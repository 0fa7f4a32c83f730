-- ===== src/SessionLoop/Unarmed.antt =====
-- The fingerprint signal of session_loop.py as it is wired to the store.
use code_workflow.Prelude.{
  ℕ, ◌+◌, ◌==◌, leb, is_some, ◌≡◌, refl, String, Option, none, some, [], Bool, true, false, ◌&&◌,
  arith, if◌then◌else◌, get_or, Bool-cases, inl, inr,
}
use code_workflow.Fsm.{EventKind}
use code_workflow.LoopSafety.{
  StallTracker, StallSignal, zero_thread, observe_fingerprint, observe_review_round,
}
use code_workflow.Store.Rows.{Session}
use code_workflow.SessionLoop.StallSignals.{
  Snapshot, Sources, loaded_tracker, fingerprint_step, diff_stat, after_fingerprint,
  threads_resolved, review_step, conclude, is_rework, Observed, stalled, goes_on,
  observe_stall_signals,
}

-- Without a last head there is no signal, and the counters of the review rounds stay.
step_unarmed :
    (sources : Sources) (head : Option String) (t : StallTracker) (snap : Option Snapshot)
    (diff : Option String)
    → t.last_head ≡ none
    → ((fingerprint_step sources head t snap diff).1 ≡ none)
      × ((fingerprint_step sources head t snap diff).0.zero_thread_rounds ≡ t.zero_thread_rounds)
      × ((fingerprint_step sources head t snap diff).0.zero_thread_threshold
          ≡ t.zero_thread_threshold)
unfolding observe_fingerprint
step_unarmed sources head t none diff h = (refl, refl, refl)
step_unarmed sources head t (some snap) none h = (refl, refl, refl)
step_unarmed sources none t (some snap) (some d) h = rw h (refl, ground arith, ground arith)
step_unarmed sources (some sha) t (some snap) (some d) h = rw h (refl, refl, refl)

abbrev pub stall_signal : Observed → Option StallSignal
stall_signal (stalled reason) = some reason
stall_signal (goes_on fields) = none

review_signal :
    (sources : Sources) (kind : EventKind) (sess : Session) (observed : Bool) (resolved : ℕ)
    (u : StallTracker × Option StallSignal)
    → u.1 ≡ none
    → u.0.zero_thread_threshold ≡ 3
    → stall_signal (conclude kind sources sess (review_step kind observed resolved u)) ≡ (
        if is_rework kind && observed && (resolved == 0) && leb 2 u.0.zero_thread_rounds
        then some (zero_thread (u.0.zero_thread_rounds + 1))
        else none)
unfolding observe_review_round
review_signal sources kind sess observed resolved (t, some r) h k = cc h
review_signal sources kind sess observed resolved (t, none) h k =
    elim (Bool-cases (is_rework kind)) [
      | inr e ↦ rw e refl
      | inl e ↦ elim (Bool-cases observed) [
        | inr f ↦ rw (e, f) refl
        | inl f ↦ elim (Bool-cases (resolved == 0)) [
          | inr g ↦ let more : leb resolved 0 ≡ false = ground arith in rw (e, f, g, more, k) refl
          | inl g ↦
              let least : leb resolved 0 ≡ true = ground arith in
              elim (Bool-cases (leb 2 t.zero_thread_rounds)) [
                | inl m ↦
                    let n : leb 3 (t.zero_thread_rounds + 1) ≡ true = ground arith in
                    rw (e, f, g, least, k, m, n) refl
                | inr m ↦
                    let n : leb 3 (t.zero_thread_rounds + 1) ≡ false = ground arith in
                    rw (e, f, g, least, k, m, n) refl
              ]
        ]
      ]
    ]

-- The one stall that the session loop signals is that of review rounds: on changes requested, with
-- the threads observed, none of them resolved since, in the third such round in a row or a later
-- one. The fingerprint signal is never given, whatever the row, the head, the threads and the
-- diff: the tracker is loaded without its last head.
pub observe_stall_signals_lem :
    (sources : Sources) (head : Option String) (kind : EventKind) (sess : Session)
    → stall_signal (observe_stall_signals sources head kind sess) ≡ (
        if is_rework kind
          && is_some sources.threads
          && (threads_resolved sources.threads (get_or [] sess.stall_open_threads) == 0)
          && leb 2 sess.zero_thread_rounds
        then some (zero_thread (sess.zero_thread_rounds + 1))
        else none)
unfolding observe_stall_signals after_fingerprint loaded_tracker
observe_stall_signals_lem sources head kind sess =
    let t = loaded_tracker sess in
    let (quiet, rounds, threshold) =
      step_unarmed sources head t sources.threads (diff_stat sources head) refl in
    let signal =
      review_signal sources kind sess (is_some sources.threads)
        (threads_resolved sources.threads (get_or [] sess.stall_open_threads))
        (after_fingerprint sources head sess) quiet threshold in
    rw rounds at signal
◇ ◇ ◇ ◇
What you need to do: Look above for the line that holds "(after_fingerprint sources head", then copy it and each line after it exactly, through the last line of the data.

Response area:
        (after_fingerprint sources head sess) quiet threshold in
    rw rounds at signal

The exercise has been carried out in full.